2012, İngiltere, Londra
Saatlerdir karşımdaki kasvetli manzarayı izliyordum. Bana sunabileceği en ihtişamlı manzarayı sunan yerde, bir bankta oturmuş sessiz sessiz acıma ortaklık etmesine izin veriyordum şehrin. Londra ağlıyordu bugün. Her zamanki gibi değildi bu ağlayışı, her zamanki gibi dökmüyordu gözyaşlarını. İçli içli ağlıyordu, kara bulutlarını salmıştı gökyüzüne, gökyüzü bile en acıklı tabloydu bugün özünde. Nefes almadan, gözyaşlarını bir kez olsun elinin tersiyle silmeye kalkmadan, hıçkırıkları olan gök gürültülerini üstümüze salmayı umursamadan ağlıyordu.
Ağlıyordu, tıpkı benim yaptığım gibi.
Ancak onun ağlayışı benimkine kıyasla daha cesurdu. Sesini çıkarıyordu çünkü, haykırıyordu korkmadan. Gösteriyordu içindeki taşıyamadığı acıyı, gram utanmadan. Benim aksime.
Ben ağlamak için bile onu bekliyordum. Bekliyordum ki o ağlasın, sonra ben ağlayayım. Ancak önce mutlaka o ağlasın ki kimse görmesin benim ağlayışlarımı, kimse duymasın sesimi, kimse tanıklık etmesin çaresizliğime. Londra ağlasın ki ben de haykırayım sessizce.
Şayet öyle de yapıyordum. Onun ağlayışlarına ortak oluyor, onu ağlayışlarıma ortak ediyordum. Bir süredir ağlıyorduk. Ne kadardı o bir süre, inanın, bilmiyorum; belki bir insan ömrü kadar uzundu, belki daha bir günü deviremeyecek kadar kısa. Tek bildiğim acı çektiğimizdi. Gözlerim önünde her bir sokağına aşık olduğum şehir varken, gözlerinin önünde ona defalarca aşkını haykırmış, hala savunmasız çocuk olarak kalmış adam varken acı çektiğimizdi.
Benim ilk aşkım, Londraydı.
Benim Paris'im, benim Mona Lisa'm, benim Eros'um.

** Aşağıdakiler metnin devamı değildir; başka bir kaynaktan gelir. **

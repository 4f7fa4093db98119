-- ===== src/Codec/EliasDelta/Code.antt =====
-- light-server/src/codec/elias_delta.rs: the code word of a value, and what `encode_one` writes.
use bitcoin_data.Base.{
  Bool, List, [], ap, append-nil, append_assoc, arith, bit_length, bit_length_bounds, bit_xor,
  bit_xor_top, bytes_keyed, false, if◌then◌else◌, leading_zeros, le→leb, ltb, lt→ltb, ok, refl,
  replicate, sub-leading_zeros, subst, suc, zero, ℕ, ◌++◌, ◌+◌, ◌-◌, ◌<◌, ◌^◌, ◌∙◌, ◌∷◌, ◌≡◌,
}
use native.Mathlib.Nat.{pow-suc}
use bitcoin_data.Codec.BitIo.{BitWriter, push_bits}
use bitcoin_data.Codec.BitIo.Stream.{bits_of}
use bitcoin_data.Codec.BitIo.Write.{Holds, push_bit-Holds, push_bits-Holds}
use bitcoin_data.Codec.EliasDelta.{push_zeros, encode_one}

-- A value of `k + 1` bits, where the number `k + 1` has `j + 1` bits.
pub record Shape (v : ℕ) : Type 0 where
  pub k : ℕ
  pub r : ℕ
  pub j : ℕ
  pub s : ℕ
  pub whole : v ≡ 2 ^ k + r
  pub tail : r < 2 ^ k
  pub width : k < 64
  pub length : suc k ≡ 2 ^ j + s
  pub low_length : s < 2 ^ j
  pub length_width : j < 32
  pub n_bits : bit_length 64 v ≡ suc k
  pub len_bits : bit_length 32 (suc k) ≡ suc j

pub shape : (v : ℕ) → 0 < v → v < 2 ^ 64 → Shape v
shape v p h =
    let (k, e, lo, hi, kw) = bit_length_bounds 64 v p h in
    let (j, e', lo', hi', jw) = bit_length_bounds 32 (suc k) (omega arith) (omega (arith, kw)) in
    record {
      k = k;
      r = v - 2 ^ k;
      j = j;
      s = suc k - 2 ^ j;
      whole = omega (arith, lo);
      tail = omega (arith, hi, lo, pow-suc 2 k);
      width = kw;
      length = omega (arith, lo');
      low_length = omega (arith, hi', lo', pow-suc 2 j);
      length_width = jw;
      n_bits = e;
      len_bits = e';
    }

-- The length of the length in zeros, the length, and the value below its top bit.
abbrev pub code_word : {v : ℕ} → Shape v → List Bool
code_word h = replicate h.j false ++ (bits_of (suc h.j) (suc h.k) ++ bits_of h.k h.r)

push_zeros-Holds :
    (n : ℕ) (w : BitWriter) (bs : List Bool)
    → Holds w bs
    → (w' : BitWriter) × (push_zeros w n ≡ ok w') × Holds w' (bs ++ replicate n false)
unfolding push_zeros
push_zeros-Holds zero w bs h = (w, refl, rw append-nil h)
push_zeros-Holds (suc n) w bs h =
    let (w', e, h') = push_bit-Holds w bs false h in
    let (w'', e', h'') = push_zeros-Holds n w' (bs ++ false ∷ []) h' in
    (w'', rw e e', rw (append_assoc bs (false ∷ []) (replicate n false)) at h'')

-- The tail is written where the value has more than its top bit.
push_tail-Holds :
    (k value : ℕ) (w : BitWriter) (bs : List Bool)
    → Holds w bs
    → (w' : BitWriter) × ((if ltb 1 (suc k) then push_bits w value k else ok w) ≡ ok w')
      × Holds w' (bs ++ bits_of k value)
push_tail-Holds zero value w bs h = (w, refl, rw append-nil h)
push_tail-Holds (suc k) value w bs h =
    rw (lt→ltb 1 (suc (suc k)) (omega arith)) (push_bits-Holds w bs value (suc k) h)

low_part : (v : ℕ) (h : Shape v) → bit_xor v (2 ^ h.k) ≡ h.r
low_part v h = ap (λ (x : ℕ). bit_xor x (2 ^ h.k)) h.whole ∙ bit_xor_top h.k h.r h.tail

encode_one_steps :
    (v : ℕ) (h : Shape v) (w w₁ w₂ w₃ : BitWriter)
    → 0 < v
    → push_zeros w h.j ≡ ok w₁
    → push_bits w₁ (suc h.k) (suc h.j) ≡ ok w₂
    → (if ltb 1 (suc h.k) then push_bits w₂ h.r h.k else ok w₂) ≡ ok w₃
    → encode_one v w ≡ ok w₃
unfolding encode_one
encode_one_steps v h w w₁ w₂ w₃ p e₁ e₂ e₃ =
    let n : 64 - leading_zeros 64 v ≡ suc h.k = sub-leading_zeros 64 v (suc h.k) h.n_bits h.width in
    let l : 32 - leading_zeros 32 (suc h.k) ≡ suc h.j =
      sub-leading_zeros 32 (suc h.k) (suc h.j) h.len_bits h.length_width in
    let k : suc h.k - 1 ≡ h.k = omega arith in
    let j : suc h.j - 1 ≡ h.j = omega arith in
    let x : bit_xor v (2 ^ h.k) ≡ h.r = low_part v h in rw (le→leb 1 v p, n, l, k, j, x, e₁, e₂) e₃

-- `encode_one` never fails on a positive 64-bit value, and appends its code word.
pub encode_one-Holds :
    (v : ℕ) (h : Shape v) (w : BitWriter) (bs : List Bool)
    → 0 < v
    → Holds w bs
    → (w' : BitWriter) × (encode_one v w ≡ ok w') × Holds w' (bs ++ code_word h)
encode_one-Holds v h w bs p held =
    let (w₁, e₁, h₁) = push_zeros-Holds h.j w bs held in
    let (w₂, e₂, h₂) = push_bits-Holds w₁ (bs ++ replicate h.j false) (suc h.k) (suc h.j) h₁ in
    let (w₃, e₃, h₃) = push_tail-Holds h.k h.r w₂ _ h₂ in
    (
      w₃,
      encode_one_steps v h w w₁ w₂ w₃ p e₁ e₂ e₃,
      subst (Holds w₃) (append_assoc (bs ++ replicate h.j false) _ _ ∙ append_assoc bs _ _) h₃,
    )
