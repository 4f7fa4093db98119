-- ===== src/Codec/EliasDelta/Decode.antt =====
-- light-server/src/codec/elias_delta.rs: the decoder on one code word.
use bitcoin_data.Base.{
  Bool, List, Result, ap, append_assoc, arith, bit_or, bit_or_top, bytes_keyed, false, le→leb,
  lt→ltb, ok, refl, replicate, suc, sym, true, zero, ℕ, ◌*◌, ◌++◌, ◌+◌, ◌-◌, ◌/◌, ◌<◌, ◌^◌, ◌∙◌,
  ◌∷◌, ◌≡◌, ◌≤◌,
}
use bitcoin_data.Codec.BitIo.{BitReader, Error}
use bitcoin_data.Codec.BitIo.Stream.{bits_of, bit_at}
use bitcoin_data.Codec.BitIo.Read.{quotient, ahead, advance, read_bit-cons, read_bits-bits_of}
use bitcoin_data.Codec.EliasDelta.{read_prefix, read_length, read_tail, decode_one}
use bitcoin_data.Codec.EliasDelta.Code.{Shape, code_word}

-- A step of the decoder that returns `a` and leaves `rest` ahead.
abbrev pub Gives : Result Error (ℕ × BitReader) → ℕ → List Bool → Type 0
Gives o a rest = (r : BitReader) × (o ≡ ok (a, r)) × (ahead r ≡ rest)

read_prefix_step :
    (fuel n : ℕ) (r : BitReader) (xs : List Bool)
    → ahead r ≡ false ∷ xs
    → n + 1 ≤ 63
    → read_prefix (suc fuel) n r ≡ read_prefix fuel (n + 1) (advance r 1)
unfolding read_prefix
read_prefix_step fuel n r xs e h =
    rw ((read_bit-cons r false xs e).0, read_prefix, le→leb (n + 1) 63 h)

read_prefix_end :
    (fuel n : ℕ) (r : BitReader) (xs : List Bool)
    → ahead r ≡ true ∷ xs
    → Gives (read_prefix (suc fuel) n r) n xs
unfolding read_prefix
read_prefix_end fuel n r xs e =
    let (got, left) = read_bit-cons r true xs e in (advance r 1, rw (got, read_prefix), left)

read_prefix-zeros :
    (j fuel n m : ℕ) (r : BitReader) (xs : List Bool)
    → ahead r ≡ replicate j false ++ true ∷ xs
    → n + j ≡ m
    → m ≤ 63
    → j < fuel
    → Gives (read_prefix fuel n r) m xs
read_prefix-zeros j zero n m r xs e s h f = absurd (omega arith)
read_prefix-zeros zero (suc fuel) n m r xs e s h f =
    let e' : n ≡ m = omega arith in rw (← e') (read_prefix_end fuel n r xs e)
read_prefix-zeros (suc j) (suc fuel) n m r xs e s h f =
    let tail = replicate j false ++ true ∷ xs in
    rw (read_prefix_step fuel n r tail e (omega arith)) (
      read_prefix-zeros j fuel (n + 1) m (advance r 1) xs (read_bit-cons r false tail e).1
        (omega arith) h (omega arith))

read_length-bits_of :
    (j n s : ℕ) (r : BitReader) (rest : List Bool)
    → ahead r ≡ bits_of j n ++ rest
    → n ≡ 2 ^ j + s
    → s < 2 ^ j
    → n ≤ 64
    → Gives (read_length j r) n rest
unfolding read_length
read_length-bits_of zero n s r rest e w h f = (r, ground arith, e)
read_length-bits_of (suc j) n s r rest e w h f =
    let (r', got, left) = read_bits-bits_of (suc j) r n 1 s rest e (omega arith) h (omega arith) in
    (
      r',
      rw (got, lt→ltb 0 (suc j) (omega arith))
          (ap (λ (x : ℕ). ok (x, r')) (bit_or_top (suc j) s h ∙ sym w)),
      left,
    )

read_tail-bits_of :
    (k t : ℕ) (r : BitReader) (rest : List Bool)
    → ahead r ≡ bits_of k t ++ rest
    → t < 2 ^ k
    → k < 64
    → t < 2 ^ 64
    → Gives (read_tail k r) t rest
unfolding read_tail
read_tail-bits_of zero t r rest e h w f = (r, ground arith, e)
read_tail-bits_of (suc k) t r rest e h w f =
    let (r', got, left) = read_bits-bits_of (suc k) r t 0 t rest e (omega arith) h f in
    (r', rw got (ground arith), left)

decode_one_steps :
    (r r₁ r₂ r₃ : BitReader) (j n k t v : ℕ)
    → read_prefix 64 0 r ≡ ok (j, r₁)
    → read_length j r₁ ≡ ok (n, r₂)
    → n ≡ suc k
    → k < 64
    → read_tail k r₂ ≡ ok (t, r₃)
    → bit_or (2 ^ k) t ≡ v
    → decode_one r ≡ ok (v, r₃)
unfolding decode_one
decode_one_steps r r₁ r₂ r₃ j n k t v e₁ e₂ e h e₃ w =
    let p : suc k - 1 ≡ k = omega arith in
    rw (e₁, e₂, e, le→leb 1 (suc k) (omega arith), le→leb (suc k) 64 h, p, e₃, w)

top_is_set : (n j s : ℕ) → n ≡ 2 ^ j + s → s < 2 ^ j → bit_at n j ≡ true
top_is_set n j s e h =
    let w : n ≡ 1 * 2 ^ j + s = omega arith in
    ground (arith, quotient 1 (2 ^ j) s h, ap (λ (x : ℕ). x / 2 ^ j) w)

code_word_split :
    {v : ℕ} (h : Shape v) (rest : List Bool)
    → code_word h ++ rest
      ≡ replicate h.j false ++ true ∷ (bits_of h.j (suc h.k) ++ (bits_of h.k h.r ++ rest))
code_word_split h rest = rw (
  append_assoc (replicate h.j false),
  append_assoc,
  top_is_set (suc h.k) h.j h.s h.length h.low_length,
)

-- A decoder whose next bits are a value's code word returns the value and stops behind the word.
pub decode_one-code_word :
    (v : ℕ) (h : Shape v) (r : BitReader) (rest : List Bool)
    → v < 2 ^ 64
    → ahead r ≡ code_word h ++ rest
    → Gives (decode_one r) v rest
decode_one-code_word v h r rest fits e =
    let after = bits_of h.j (suc h.k) ++ (bits_of h.k h.r ++ rest) in
    let (r₁, e₁, a₁) =
      read_prefix-zeros h.j 64 0 h.j r after (e ∙ code_word_split h rest) (omega arith)
        (omega (arith, h.length_width)) (omega (arith, h.length_width)) in
    let (r₂, e₂, a₂) =
      read_length-bits_of h.j (suc h.k) h.s r₁ (bits_of h.k h.r ++ rest) a₁ h.length h.low_length
        h.width in
    let (r₃, e₃, a₃) =
      read_tail-bits_of h.k h.r r₂ rest a₂ h.tail h.width (omega (arith, h.whole)) in
    (
      r₃,
      decode_one_steps r r₁ r₂ r₃ h.j (suc h.k) h.k h.r v e₁ e₂ refl h.width e₃
          (bit_or_top h.k h.r h.tail ∙ sym h.whole),
      a₃,
    )
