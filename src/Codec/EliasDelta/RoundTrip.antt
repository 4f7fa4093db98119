-- ===== src/Codec/EliasDelta/RoundTrip.antt =====
-- light-server/src/codec/elias_delta.rs: whole streams of values.
use bitcoin_data.Base.{
  All, Bool, List, [], ap, append-nil, append_assoc, bytes_keyed, err, false, length, lt→ltb, ok,
  refl, replicate, subst, sym, ℕ, ◌*◌, ◌++◌, ◌<◌, ◌^◌, ◌∙◌, ◌∷◌, ◌≡◌,
}
use bitcoin_data.Codec.BitIo.{BitWriter, BitReader, new_writer, new_reader, not_positive}
use bitcoin_data.Codec.BitIo.Write.{Holds, new_writer-Holds}
use bitcoin_data.Codec.BitIo.Read.{ahead}
use bitcoin_data.Codec.EliasDelta.{
  encode_one, encode_values_from, encode_elias_delta_values, decode_values_from,
  decode_elias_delta_values, with_capacity,
}
use bitcoin_data.Codec.EliasDelta.Code.{shape, code_word, encode_one-Holds}
use bitcoin_data.Codec.EliasDelta.Decode.{decode_one-code_word}

-- A positive 64-bit integer.
abbrev pub IsCodable : ℕ → Type 0
IsCodable v = (0 < v) × (v < 2 ^ 64)

stream : (vs : List ℕ) → All IsCodable vs → List Bool
stream [] h = []
stream (v ∷ vs) h = code_word (shape v h.0.0 h.0.1) ++ stream vs h.1

encode_values_from-stream :
    (vs : List ℕ) (h : All IsCodable vs) (w : BitWriter) (bs : List Bool)
    → Holds w bs
    → (w' : BitWriter) × (encode_values_from vs w ≡ ok w'.bytes) × Holds w' (bs ++ stream vs h)
unfolding encode_values_from stream
encode_values_from-stream [] h w bs held = (w, refl, rw append-nil held)
encode_values_from-stream (v ∷ vs) h w bs held =
    let word = code_word (shape v h.0.0 h.0.1) in
    let (w', e, held') = encode_one-Holds v (shape v h.0.0 h.0.1) w bs h.0.0 held in
    let (w'', e', held'') = encode_values_from-stream vs h.1 w' (bs ++ word) held' in
    (
      w'',
      rw (e, encode_values_from) e',
      subst (Holds w'') (append_assoc bs word (stream vs h.1)) held'',
    )

decode_values_from-stream :
    (vs : List ℕ) (h : All IsCodable vs) (r : BitReader) (rest : List Bool) (out : List ℕ)
    → ahead r ≡ stream vs h ++ rest
    → decode_values_from (length vs) r out ≡ ok (out ++ vs)
unfolding decode_values_from stream
decode_values_from-stream [] h r rest out e = ap ok (sym (append-nil out))
decode_values_from-stream (v ∷ vs) h r rest out e =
    let word = code_word (shape v h.0.0 h.0.1) in
    let (r', d, e') =
      decode_one-code_word v (shape v h.0.0 h.0.1) r (stream vs h.1 ++ rest) h.0.1
        (e ∙ append_assoc word (stream vs h.1) rest) in
    rw (d, decode_values_from)
      (decode_values_from-stream vs h.1 r' rest (out ++ v ∷ []) e'
        ∙ ap ok (append_assoc out (v ∷ []) vs))

-- On a list of positive 64-bit integers whose 8-byte elements fit a buffer, as those of every Rust
-- vector do, the encoder returns some bytes, with no error and no panic, and the decoder, told how
-- many values there are, reads exactly those values back.
pub decode_elias_delta_values-encode :
    (vs : List ℕ)
    → All IsCodable vs
    → 8 * length vs < 2 ^ 63
    → (bytes : List ℕ) × (encode_elias_delta_values vs ≡ ok bytes)
      × (decode_elias_delta_values bytes (length vs) ≡ ok vs)
unfolding encode_elias_delta_values decode_elias_delta_values with_capacity
decode_elias_delta_values-encode vs h fits =
    let (w, e, held) = encode_values_from-stream vs h new_writer [] new_writer-Holds in
    (
      w.bytes,
      e,
      rw (lt→ltb (8 * length vs) (2 ^ 63) fits) (
          decode_values_from-stream vs h (new_reader w.bytes) (replicate held.pad false) []
            held.stream),
    )

encode_one-zero : (w : BitWriter) → encode_one 0 w ≡ err not_positive
unfolding encode_one
encode_one-zero w = refl

encode_values_from-zero :
    (vs ws : List ℕ) (h : All IsCodable vs) (w : BitWriter) (bs : List Bool)
    → Holds w bs
    → encode_values_from (vs ++ 0 ∷ ws) w ≡ err not_positive
unfolding encode_values_from
encode_values_from-zero [] ws h w bs held = rw (encode_one-zero w, encode_values_from)
encode_values_from-zero (v ∷ vs) ws h w bs held =
    let (w', e, held') = encode_one-Holds v (shape v h.0.0 h.0.1) w bs h.0.0 held in
    rw (e, encode_values_from) (encode_values_from-zero vs ws h.1 w' _ held')

-- A list with a zero in it, behind any positive 64-bit integers, is refused as a whole.
pub encode-zero :
    (vs ws : List ℕ)
    → All IsCodable vs
    → encode_elias_delta_values (vs ++ 0 ∷ ws) ≡ err not_positive
unfolding encode_elias_delta_values
encode-zero vs ws h = encode_values_from-zero vs ws h new_writer [] new_writer-Holds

Hepsi, istisnasız hepsi Londra'ydı.
Sırf bu yüzdendi benim için döktüğüne inandığım şiddetli gözyaşları. Acıma ortak etmiştim onu da. Bana göre sonsuza kadar sürecek olan acıma şahitti.
Belki biraz da gideceğime ağlıyordu.
Evet, gidecektim. Önceden de birkaç kez yaptığım gibi onu bırakıp gidecektim. Bu ona ilk vedam değildi, elbet. Ancak en kötü vedam olduğundan emindim.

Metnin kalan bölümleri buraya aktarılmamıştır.